# Movie Review Classification (IMDB) — `num_words=200`
This notebook is a revised version of `3.5-classifying-movie-reviews.ipynb` that:
- limits the vocabulary to the **200 most frequent words** (`num_words=200`),
- trains a simple dense network,
- plots training & validation accuracy vs epochs,
- selects the best epoch by validation accuracy, retrains on train+val, and reports **test accuracy**.

In [None]:
# Setup
import numpy as np
import matplotlib.pyplot as plt
from sklearn.model_selection import train_test_split
from tensorflow import keras
from tensorflow.keras import layers


In [None]:
# 1) Load IMDB with vocabulary capped at 200 most frequent words
NUM_WORDS = 200

# The IMDB dataset comes tokenized as integer sequences of word indices (by frequency).
(x_train, y_train), (x_test, y_test) = keras.datasets.imdb.load_data(num_words=NUM_WORDS)

# Optional: peek at one example length
len(x_train[0]), y_train[0]


In [None]:
# 2) Vectorize sequences via multi-hot encoding into dimension NUM_WORDS
def vectorize(seqs, dimension=NUM_WORDS):
    X = np.zeros((len(seqs), dimension), dtype="float32")
    for i, seq in enumerate(seqs):
        for idx in seq:
            if 0 <= idx < dimension:
                X[i, idx] = 1.0
    return X

X_train = vectorize(x_train, NUM_WORDS)
X_test  = vectorize(x_test,  NUM_WORDS)

X_train.shape, X_test.shape


In [None]:
# 3) Train/Validation split (hold-out validation; we'll later retrain on train+val using the best epoch)
X_tr, X_val, y_tr, y_val = train_test_split(X_train, y_train, test_size=10000, shuffle=False)
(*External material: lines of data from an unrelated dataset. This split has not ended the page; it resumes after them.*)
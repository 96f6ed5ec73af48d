-- ===== src/BdevFilter.antt =====
-- module/bdevfilter.c and module/bdevfilter.h: the filters of block devices, in the build where a bio
-- has a pointer to its device (without HAVE_BI_BDISK). A filter is named by a number, and a device
-- by its `dev_t` and by the address of its structure, which another device may get later. A call has
-- two lock sections, and is here as it runs when no other call comes in between; Sections has them apart.
pub mod Counts
pub mod Refs
pub mod Lookup
pub mod Life
pub mod History
pub mod Sections
pub mod Tests
use blksnap.Prelude.{
  ℕ, ◌+◌, ◌-◌, Bool, true, false, not, Option, none, some, List, [], ◌∷◌, ◌++◌, ◌==◌, if◌then◌else◌,
}
use blksnap.Kernel.{Errno, enomem, ebusy, enoent, Ret, ok, err}

-- `struct bdev_extension`
pub record BdevExtension : Type 0 where
  pub dev_id : ℕ
  pub bdev : ℕ
  pub bd_filter : Option ℕ

-- The list of extensions, the `kref` of each filter, and the filters whose `release` was called, in
-- order.
pub record Filters : Type 0 where
  pub bdev_extension_list : List BdevExtension
  pub kref : ℕ → ℕ
  pub released : List ℕ

-- A block device: `bd_dev` and its address.
pub record BlockDevice : Type 0 where
  pub bd_dev : ℕ
  pub address : ℕ

abbrev pub put_at : (ℕ → ℕ) → ℕ → ℕ → ℕ → ℕ
put_at g f v x = if x == f then v else g x

pub bdev_filter_init : ℕ → Filters → Filters
bdev_filter_init f w = record w { kref = put_at w.kref f 1 }

pub bdev_filter_get : ℕ → Filters → Filters
bdev_filter_get f w = record w { kref = put_at w.kref f (w.kref f + 1) }

pub bdev_filter_free : ℕ → Filters → Filters
bdev_filter_free f w = record w { released = w.released ++ (f ∷ []) }

-- `kref_put` calls the function where it takes the counter from 1 to 0.
pub bdev_filter_put : ℕ → Filters → Filters
unfolding bdev_filter_free
bdev_filter_put f w =
    let w' = record w { kref = put_at w.kref f (w.kref f - 1) } in
    if w.kref f == 1 then bdev_filter_free f w' else w'

pub bdev_extension_find : ℕ → List BdevExtension → Option BdevExtension
bdev_extension_find dev [] = none
bdev_extension_find dev (e ∷ es) =
    let rest = bdev_extension_find dev es in if dev == e.dev_id then some e else rest

pub bdev_extension_find_bdev : ℕ → List BdevExtension → Option BdevExtension
bdev_extension_find_bdev bdev [] = none
bdev_extension_find_bdev bdev (e ∷ es) =
    let rest = bdev_extension_find_bdev bdev es in if bdev == e.bdev then some e else rest

-- The list without the extension that `bdev_extension_find` gives (`list_del`).
pub delete : ℕ → List BdevExtension → List BdevExtension
delete dev [] = []
delete dev (e ∷ es) = let rest = delete dev es in if dev == e.dev_id then es else e ∷ rest

-- A write of `bd_filter` through the pointer that `bdev_extension_find` gives.
pub set_filter : ℕ → Option ℕ → List BdevExtension → List BdevExtension
set_filter dev flt [] = []
set_filter dev flt (e ∷ es) =
    let rest = set_filter dev flt es in
    if dev == e.dev_id then record e { bd_filter = flt } ∷ es else e ∷ rest

-- The list and the filter of the new state, with the extension of the device; `none` for no memory.
-- There is one extension for each `dev_t`, so that the device finds it again by that.
pub bdev_extension_append :
    (alloc : Bool) → BlockDevice → Filters → Option (BdevExtension × Filters)
unfolding bdev_filter_put
bdev_extension_append false d w = none
bdev_extension_append true d w =
    let es = w.bdev_extension_list in
    let fresh : BdevExtension = record { dev_id = d.bd_dev; bdev = d.address; bd_filter = none } in
    elim (bdev_extension_find d.bd_dev es) [
      | none ↦ some (fresh, record w { bdev_extension_list = es ++ (fresh ∷ []) })
      | some ext ↦
          if ext.bdev == d.address
          then some (ext, w)
          else (let w' = record w { bdev_extension_list = delete d.bd_dev (es ++ (fresh ∷ [])) } in
              elim ext.bd_filter [
                | none ↦ some (fresh, w')
                | some flt ↦ some (fresh, bdev_filter_put flt w')
              ])
    ]

pub bdev_filter_attach : (alloc : Bool) → BlockDevice → ℕ → Filters → Ret × Filters
unfolding bdev_extension_append
bdev_filter_attach alloc d flt w = elim (bdev_extension_append alloc d w) [
  | none ↦ (err enomem, w)
  | some (ext, w') ↦ elim ext.bd_filter [
    | some _ ↦ (err ebusy, w')
    | none ↦ (
      ok,
      record w' { bdev_extension_list = set_filter d.bd_dev (some flt) w'.bdev_extension_list },
    )
  ]
]

pub lp_bdev_filter_detach : ℕ → Filters → Ret × Filters
unfolding bdev_filter_put
lp_bdev_filter_detach dev w = elim (bdev_extension_find dev w.bdev_extension_list) [
  | none ↦ (err enoent, w)
  | some ext ↦ elim ext.bd_filter [
    | none ↦ (err enoent, w)
    | some flt ↦ (
      ok,
      bdev_filter_put flt
          (record w { bdev_extension_list = set_filter dev none w.bdev_extension_list }),
    )
  ]
]

-- The error of the inner function is only a warning.
pub bdev_filter_detach : BlockDevice → Filters → Filters
unfolding lp_bdev_filter_detach
bdev_filter_detach d w = (lp_bdev_filter_detach d.bd_dev w).1

pub bdev_filter_get_by_bdev : BlockDevice → Filters → Option ℕ × Filters
unfolding bdev_filter_get
bdev_filter_get_by_bdev d w = elim (bdev_extension_find_bdev d.address w.bdev_extension_list) [
  | none ↦ (none, w)
  | some ext ↦ elim ext.bd_filter [
    | none ↦ (none, w)
    | some flt ↦ (some flt, bdev_filter_get flt w)
  ]
]

-- What becomes of a bio: it goes on to the device, the filter completed it, or it sleeps while the
-- queue of the filter is frozen.
pub data Applied : Type 0 where
  goes_on completed : Filters → Applied
  sleeps : Filters → Applied

-- `frozen`: a writer has the filter's `submit_lock`. `submit` is the function of the filter, with
-- all that other threads do while it runs.
pub bdev_filters_apply :
    (nowait frozen : Bool) → (ℕ → Filters → Bool × Filters) → BlockDevice → Filters → Applied
unfolding bdev_filter_get_by_bdev
bdev_filters_apply nowait frozen submit d w =
    let (flt, w') = bdev_filter_get_by_bdev d w in
    elim flt [
      | none ↦ goes_on w'
      | some f ↦
          if frozen
          then (if nowait then completed (bdev_filter_put f w') else sleeps w')
          else (let (done, w'') = submit f w' in
              if done then completed (bdev_filter_put f w'') else goes_on (bdev_filter_put f w''))
    ]

-- `bio_list` is whether the thread is submitting bios already, so that the filters are left out.
pub submit_bio_noacct_handler :
    (bio_list nowait frozen : Bool)
    → (ℕ → Filters → Bool × Filters)
    → BlockDevice
    → Filters
    → Applied
unfolding bdev_filters_apply
submit_bio_noacct_handler bio_list nowait frozen submit d w =
    if bio_list then goes_on w else bdev_filters_apply nowait frozen submit d w

-- The end of the module frees the extensions, and puts no filter.
pub lp_filter_done : Filters → Filters
lp_filter_done w = record w { bdev_extension_list = [] }
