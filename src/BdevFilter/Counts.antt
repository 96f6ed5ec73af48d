-- ===== src/BdevFilter/Counts.antt =====
-- How many extensions of module/bdevfilter.c have a filter, and what the operations do to the number.
use mathlib.Core.Option.{some-injective, none-ne-some}
use blksnap.Prelude.{
  ℕ, ◌+◌, ◌≤◌, ◌≡◌, refl, sym, ap, ◌∙◌, if_true, if_false, inl, inr, Option, none, some, List, [],
  ◌∷◌, ◌++◌, ◌==◌, arith, Bool-cases, if◌then◌else◌,
}
use blksnap.BdevFilter.{
  BdevExtension, bdev_extension_find, bdev_extension_find_bdev, delete, set_filter,
}

abbrev pub one : ℕ → Option ℕ → ℕ
one f none = 0
one f (some g) = if f == g then 1 else 0

abbrev pub attached : ℕ → List BdevExtension → ℕ
attached f [] = 0
attached f (e ∷ es) = one f e.bd_filter + attached f es

pub attached-append :
    (f : ℕ) (es : List BdevExtension) (e : BdevExtension)
    → attached f (es ++ (e ∷ [])) ≡ attached f es + one f e.bd_filter
attached-append f [] e = omega arith
attached-append f (d ∷ es) e = omega (arith, attached-append f es e)

pub attached-delete :
    (f dev : ℕ) (es : List BdevExtension) (e : BdevExtension)
    → bdev_extension_find dev es ≡ some e
    → attached f (delete dev es) + one f e.bd_filter ≡ attached f es
unfolding bdev_extension_find delete
attached-delete f dev [] e h = absurd (none-ne-some e h)
attached-delete f dev (d ∷ es) e h = elim (Bool-cases (dev == d.dev_id)) [
  | inl this ↦
      let is : d ≡ e = some-injective d e (sym (if_true _ _ _ this) ∙ h) in
      ground (arith, this, ap (λ x. one f x.bd_filter) is)
  | inr other ↦ ground (arith, other, attached-delete f dev es e (sym (if_false _ _ _ other) ∙ h))
]

pub attached-set_filter :
    (f dev : ℕ) (flt : Option ℕ) (es : List BdevExtension) (e : BdevExtension)
    → bdev_extension_find dev es ≡ some e
    → attached f (set_filter dev flt es) + one f e.bd_filter ≡ attached f es + one f flt
unfolding bdev_extension_find set_filter
attached-set_filter f dev flt [] e h = absurd (none-ne-some e h)
attached-set_filter f dev flt (d ∷ es) e h = elim (Bool-cases (dev == d.dev_id)) [
  | inl this ↦
      let is : d ≡ e = some-injective d e (sym (if_true _ _ _ this) ∙ h) in
      ground (arith, this, ap (λ x. one f x.bd_filter) is)
  | inr other ↦
      ground (arith, other, attached-set_filter f dev flt es e (sym (if_false _ _ _ other) ∙ h))
]

-- The number of extensions of a device.
abbrev pub devices : ℕ → List BdevExtension → ℕ
devices dev [] = 0
devices dev (e ∷ es) = (if dev == e.dev_id then 1 else 0) + devices dev es

pub devices-append :
    (dev : ℕ) (es : List BdevExtension) (e : BdevExtension)
    → devices dev (es ++ (e ∷ [])) ≡ devices dev es + (if dev == e.dev_id then 1 else 0)
devices-append dev [] e = omega arith
devices-append dev (d ∷ es) e = omega (arith, devices-append dev es e)

pub devices-find_none :
    (dev : ℕ) (es : List BdevExtension) → bdev_extension_find dev es ≡ none → devices dev es ≡ 0
unfolding bdev_extension_find
devices-find_none dev [] h = refl
devices-find_none dev (d ∷ es) h = elim (Bool-cases (dev == d.dev_id)) [
  | inl this ↦ absurd (none-ne-some d (sym h ∙ if_true _ _ _ this))
  | inr other ↦ ground (arith, other, devices-find_none dev es (sym (if_false _ _ _ other) ∙ h))
]

pub devices-delete :
    (dev x : ℕ) (es : List BdevExtension) (e : BdevExtension)
    → bdev_extension_find x es ≡ some e
    → devices dev (delete x es) + (if dev == x then 1 else 0) ≡ devices dev es
unfolding bdev_extension_find delete
devices-delete dev x [] e h = absurd (none-ne-some e h)
devices-delete dev x (d ∷ es) e h = elim (Bool-cases (x == d.dev_id)) [
  | inl this ↦ ground (arith, this)
  | inr other ↦ ground (arith, other, devices-delete dev x es e (sym (if_false _ _ _ other) ∙ h))
]

pub devices-set_filter :
    (dev x : ℕ) (flt : Option ℕ) (es : List BdevExtension)
    → devices dev (set_filter x flt es) ≡ devices dev es
unfolding set_filter
devices-set_filter dev x flt [] = refl
devices-set_filter dev x flt (d ∷ es) = elim (Bool-cases (x == d.dev_id)) [
  | inl this ↦ ground (arith, this)
  | inr other ↦ ground (arith, other, devices-set_filter dev x flt es)
]

-- An extension that is new at the end is found where there was none.
pub find-append :
    (dev : ℕ) (es : List BdevExtension) (e : BdevExtension)
    → devices dev es ≡ 0
    → e.dev_id ≡ dev
    → bdev_extension_find dev (es ++ (e ∷ [])) ≡ some e
unfolding bdev_extension_find
find-append dev [] e h is = ground (arith, is)
find-append dev (d ∷ es) e h is = ground (arith, h, find-append dev es e (omega (arith, h)) is)

pub delete-append :
    (dev : ℕ) (es : List BdevExtension) (d e : BdevExtension)
    → bdev_extension_find dev es ≡ some d
    → delete dev (es ++ (e ∷ [])) ≡ delete dev es ++ (e ∷ [])
unfolding bdev_extension_find delete
delete-append dev [] d e h = absurd (none-ne-some d h)
delete-append dev (x ∷ es) d e h = elim (Bool-cases (dev == x.dev_id)) [
  | inl this ↦ rw this refl
  | inr other ↦
      rw other (ap (λ l. x ∷ l) (delete-append dev es d e (sym (if_false _ _ _ other) ∙ h)))
]

pub attached-find :
    (f dev : ℕ) (es : List BdevExtension) (e : BdevExtension)
    → bdev_extension_find dev es ≡ some e
    → one f e.bd_filter ≤ attached f es
attached-find f dev es e h = omega (arith, attached-delete f dev es e h)

pub attached-find_bdev :
    (f bdev : ℕ) (es : List BdevExtension) (e : BdevExtension)
    → bdev_extension_find_bdev bdev es ≡ some e
    → one f e.bd_filter ≤ attached f es
unfolding bdev_extension_find_bdev
attached-find_bdev f bdev [] e h = absurd (none-ne-some e h)
attached-find_bdev f bdev (d ∷ es) e h = elim (Bool-cases (bdev == d.bdev)) [
  | inl this ↦
      let is : d ≡ e = some-injective d e (sym (if_true _ _ _ this) ∙ h) in
      omega (arith, ap (λ x. one f x.bd_filter) is)
  | inr other ↦ omega (arith, attached-find_bdev f bdev es e (sym (if_false _ _ _ other) ∙ h))
]
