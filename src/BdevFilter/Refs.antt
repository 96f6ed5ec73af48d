-- ===== src/BdevFilter/Refs.antt =====
-- The references of the filters of module/bdevfilter.c: what each operation does to their count.
use blksnap.Prelude.{
  ℕ, ◌+◌, ◌-◌, ◌≤◌, ◌<◌, ◌≡◌, refl, sym, ap, ◌∙◌, min, inl, inr, Bool, true, false, Option, none,
  some, List, [], ◌∷◌, ◌++◌, ◌==◌, arith, Bool-cases, Option-cases, if◌then◌else◌,
}
use blksnap.BdevFilter.{
  BdevExtension, Filters, BlockDevice, bdev_filter_init, bdev_filter_get, bdev_filter_put,
  bdev_filter_free, bdev_extension_find, delete, bdev_extension_append,
}
use blksnap.BdevFilter.Counts.{
  one, attached, attached-append, attached-delete, devices, devices-append, devices-find_none,
  devices-delete, find-append, delete-append,
}

abbrev pub times : ℕ → List ℕ → ℕ
times f [] = 0
times f (g ∷ gs) = (if f == g then 1 else 0) + times f gs

times-append :
    (f : ℕ) (gs : List ℕ) (g : ℕ)
    → times f (gs ++ (g ∷ [])) ≡ times f gs + (if f == g then 1 else 0)
times-append f [] g = omega arith
times-append f (h ∷ gs) g = omega (arith, times-append f gs g)

-- The counter of a filter is the number of its references, and a filter that was made has a
-- reference or was released, once.
pub record IsCounted (w : Filters) (refs made : ℕ → ℕ) : Type 0 where
  pub counted : (f : ℕ) → w.kref f ≡ refs f
  pub once : (f : ℕ) → times f w.released + min 1 (refs f) ≡ made f

abbrev pub bump : ℕ → (ℕ → ℕ) → ℕ → ℕ
bump f g x = g x + (if x == f then 1 else 0)

abbrev pub drop_one : ℕ → (ℕ → ℕ) → ℕ → ℕ
drop_one f g x = g x - (if x == f then 1 else 0)

pub init-IsCounted :
    (w : Filters) (refs made : ℕ → ℕ) (f : ℕ)
    → IsCounted w refs made
    → made f ≡ 0
    → IsCounted (bdev_filter_init f w) (bump f refs) (bump f made)
unfolding bdev_filter_init
init-IsCounted w refs made f c new = record {
  counted = λ x. ground (arith, c.counted x, c.once x, c.once f, new);
  once = λ x. ground (arith, c.counted x, c.once x, c.once f, new);
}

pub get-IsCounted :
    (w : Filters) (refs made : ℕ → ℕ) (f : ℕ)
    → IsCounted w refs made
    → 0 < refs f
    → IsCounted (bdev_filter_get f w) (bump f refs) made
unfolding bdev_filter_get
get-IsCounted w refs made f c some_ref = record {
  counted = λ x. ground (arith, c.counted x, c.counted f);
  once = λ x. ground (arith, c.once x, some_ref);
}

pub put-IsCounted :
    (w : Filters) (refs made : ℕ → ℕ) (f : ℕ)
    → IsCounted w refs made
    → 0 < refs f
    → IsCounted (bdev_filter_put f w) (drop_one f refs) made
unfolding bdev_filter_put bdev_filter_free
put-IsCounted w refs made f c some_ref = record {
  counted = λ x. ground (arith, c.counted x, c.counted f);
  once = λ x.
      ground (arith, c.once x, c.counted x, c.counted f, some_ref, times-append x w.released f);
}

-- The references of a filter: the extensions that have it, and those that the threads hold.
abbrev pub refs_of : List BdevExtension → (ℕ → ℕ) → ℕ → ℕ
refs_of es held f = attached f es + held f

-- There is one extension for a device, and the references are counted.
pub record IsKept (w : Filters) (held made : ℕ → ℕ) : Type 0 where
  pub distinct : (dev : ℕ) → devices dev w.bdev_extension_list ≤ 1
  pub refs : IsCounted w (refs_of w.bdev_extension_list held) made

-- The counts with the references written in another way, for another list.
pub as_refs :
    (w : Filters) (es : List BdevExtension) (refs refs' made : ℕ → ℕ)
    → IsCounted w refs made
    → ((f : ℕ) → refs f ≡ refs' f)
    → IsCounted (record w { bdev_extension_list = es }) refs' made
as_refs w es refs refs' made c same = record {
  counted = λ f. c.counted f ∙ same f;
  once = λ f. ap (λ n. times f w.released + min 1 n) (sym (same f)) ∙ c.once f;
}

put_list : (w : Filters) (f : ℕ) → (bdev_filter_put f w).bdev_extension_list ≡ w.bdev_extension_list
unfolding bdev_filter_put bdev_filter_free
put_list w f = ground arith

-- A reference is dropped while the list becomes `es`.
pub put-IsKept :
    (w : Filters) (es : List BdevExtension) (refs held made : ℕ → ℕ) (flt : ℕ)
    → IsCounted w refs made
    → 0 < refs flt
    → ((f : ℕ) → drop_one flt refs f ≡ refs_of es held f)
    → ((dev : ℕ) → devices dev es ≤ 1)
    → IsKept (bdev_filter_put flt (record w { bdev_extension_list = es })) held made
put-IsKept w es refs held made flt c some_ref same distinct =
    let w' : Filters = record w { bdev_extension_list = es } in
    let list = put_list w' flt in
    let dropped =
      put-IsCounted w' refs made flt (as_refs w es refs refs made c (λ f. refl)) some_ref in
    record {
      distinct = λ dev. rw list (distinct dev);
      refs = record {
        counted = λ f. rw list (dropped.counted f ∙ same f);
        once = λ f. rw list (
            ap (λ n. times f (bdev_filter_put flt w').released + min 1 n) (sym (same f))
            ∙ dropped.once f);
      };
    }

-- `bdev_extension_append` gives the extension that the device number now leads to.
abbrev pub Appended : (dev : ℕ) (held made : ℕ → ℕ) → Option (BdevExtension × Filters) → Type 0
Appended dev held made none = Unit
Appended dev held made (some (ext, w)) =
    IsKept w held made × (bdev_extension_find dev w.bdev_extension_list ≡ some ext)

abbrev new_ext : BlockDevice → BdevExtension
new_ext d = record { dev_id = d.bd_dev; bdev = d.address; bd_filter = none }

added-IsKept :
    (d : BlockDevice) (w : Filters) (held made : ℕ → ℕ)
    → IsKept w held made
    → bdev_extension_find d.bd_dev w.bdev_extension_list ≡ none
    → Appended d.bd_dev held made (
        some
          (new_ext d, record w { bdev_extension_list = w.bdev_extension_list ++ (new_ext d ∷ []) }))
added-IsKept d w held made k missing =
    let es = w.bdev_extension_list in
    let bare = devices-find_none d.bd_dev es missing in
    (
      record {
        distinct = λ dev. ground (arith, k.distinct dev, devices-append dev es (new_ext d), bare);
        refs =
            as_refs w (es ++ (new_ext d ∷ [])) (refs_of es held)
              (refs_of (es ++ (new_ext d ∷ [])) held) made k.refs
              (λ f. omega (arith, attached-append f es (new_ext d)));
      },
      find-append d.bd_dev es (new_ext d) bare refl,
    )

-- The list in which the extension `old` of the device gave way to a new one.
module _ (d : BlockDevice) (w : Filters) (held made : ℕ → ℕ) (k : IsKept w held made)
    (old : BdevExtension)
    (found : bdev_extension_find d.bd_dev w.bdev_extension_list ≡ some old) where
  abbrev renewed : List BdevExtension
  renewed = delete d.bd_dev (w.bdev_extension_list ++ (new_ext d ∷ []))

  renewed-eq : renewed ≡ delete d.bd_dev w.bdev_extension_list ++ (new_ext d ∷ [])
  renewed-eq = delete-append d.bd_dev w.bdev_extension_list old (new_ext d) found

  devices-left : devices d.bd_dev (delete d.bd_dev w.bdev_extension_list) ≡ 0
  devices-left =
      ground (
        arith,
        k.distinct d.bd_dev,
        devices-delete d.bd_dev d.bd_dev w.bdev_extension_list old found,
      )

  devices-renewed : (dev : ℕ) → devices dev renewed ≤ 1
  devices-renewed dev = rw renewed-eq (
      ground (
        arith,
        k.distinct dev,
        devices-append dev (delete d.bd_dev w.bdev_extension_list) (new_ext d),
        devices-delete dev d.bd_dev w.bdev_extension_list old found,
      ))

  find-renewed : bdev_extension_find d.bd_dev renewed ≡ some (new_ext d)
  find-renewed =
      rw renewed-eq
        (find-append d.bd_dev (delete d.bd_dev w.bdev_extension_list) (new_ext d) devices-left refl)

  attached-renewed :
      (f : ℕ) → attached f renewed + one f old.bd_filter ≡ attached f w.bdev_extension_list
  attached-renewed f = rw renewed-eq (
      omega (
        arith,
        attached-append f (delete d.bd_dev w.bdev_extension_list) (new_ext d),
        attached-delete f d.bd_dev w.bdev_extension_list old found,
      ))

  empty-Appended :
      old.bd_filter ≡ none
      → Appended d.bd_dev held made (some (new_ext d, record w { bdev_extension_list = renewed }))
  empty-Appended bare = (
    record {
      distinct = devices-renewed;
      refs =
          as_refs w renewed (refs_of w.bdev_extension_list held) (refs_of renewed held) made k.refs
            (λ f. omega (arith, attached-renewed f, ap (one f) bare));
    },
    find-renewed,
  )

  filtered-Appended :
      (flt : ℕ)
      → old.bd_filter ≡ some flt
      → Appended d.bd_dev held made
          (some (new_ext d, bdev_filter_put flt (record w { bdev_extension_list = renewed })))
  filtered-Appended flt has =
      let here = ap (one flt) has in
      (
        put-IsKept w renewed (refs_of w.bdev_extension_list held) held made flt k.refs
            (ground (arith, attached-renewed flt, here))
            (λ f. omega (arith, attached-renewed f, ap (one f) has)) devices-renewed,
        rw (put_list (record w { bdev_extension_list = renewed }) flt) find-renewed,
      )

pub append-Appended :
    (alloc : Bool) (d : BlockDevice) (w : Filters) (held made : ℕ → ℕ)
    → IsKept w held made
    → Appended d.bd_dev held made (bdev_extension_append alloc d w)
unfolding bdev_extension_append
append-Appended false d w held made k = tt
append-Appended true d w held made k =
    elim (Option-cases (bdev_extension_find d.bd_dev w.bdev_extension_list)) [
      | inl missing ↦ rw (missing, bdev_extension_append) (added-IsKept d w held made k missing)
      | inr (old, found) ↦ elim (Bool-cases (old.bdev == d.address)) [
        | inl same ↦ rw (found, same, bdev_extension_append) (k, found)
        | inr other ↦ elim (Option-cases old.bd_filter) [
          | inl bare ↦
              rw (found, other, bare, bdev_extension_append)
                (empty-Appended d w held made k old found bare)
          | inr (flt, has) ↦
              rw (found, other, has, bdev_extension_append)
                (filtered-Appended d w held made k old found flt has)
        ]
      ]
    ]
# 4) Build the model (simple baseline; small capacity due to tiny vocab)
def build_model():
    model = keras.Sequential([
        layers.Input(shape=(NUM_WORDS,)),
        layers.Dense(32, activation='relu'),
        layers.Dense(16, activation='relu'),
        layers.Dense(1, activation='sigmoid')
    ])
    model.compile(optimizer=keras.optimizers.Adam(1e-3),
                  loss='binary_crossentropy',
                  metrics=['accuracy'])
    return model

model = build_model()
history = model.fit(
    X_tr, y_tr,
    epochs=30,
    batch_size=512,
    validation_data=(X_val, y_val),
    verbose=1
)

# 5) Plot training & validation accuracy
acc = history.history['accuracy']
val_acc = history.history['val_accuracy']
epochs = range(1, len(acc) + 1)

plt.figure(figsize=(8,4))
plt.plot(epochs, acc, label='Training acc')
plt.plot(epochs, val_acc, label='Validation acc')
plt.xlabel('Epochs')
plt.ylabel('Accuracy')
plt.title('Training vs Validation Accuracy (num_words=200)')
plt.legend()
plt.tight_layout()
plt.show()

# Determine best epoch by validation accuracy
best_epoch = int(np.argmax(val_acc)) + 1
print(f"Best epoch by validation accuracy: {best_epoch}")

In [None]:
# 6) Retrain a fresh model on (train + val) for the best number of epochs, then evaluate on test
model2 = build_model()
X_full = np.concatenate([X_tr, X_val], axis=0)
y_full = np.concatenate([y_tr, y_val], axis=0)

model2.fit(X_full, y_full, epochs=best_epoch, batch_size=512, verbose=1)
test_loss, test_acc = model2.evaluate(X_test, y_test, verbose=0)
print(f"\nTest accuracy with best-epoch ({best_epoch}) model: {test_acc:.4f}")

### What does `x_train[0]` represent?
`x_train[0]` is the **first training review** represented as a list of **integer word indices**, where each integer corresponds to a word ranked by frequency in the training corpus. Because we set `num_words=200`, only indices in `[0, 199]` are kept; rarer words are filtered out. The indices are not the original words—just their frequency-based IDs (with several low integers reserved for special tokens in the Keras IMDB loader). The raw sequence length varies by review.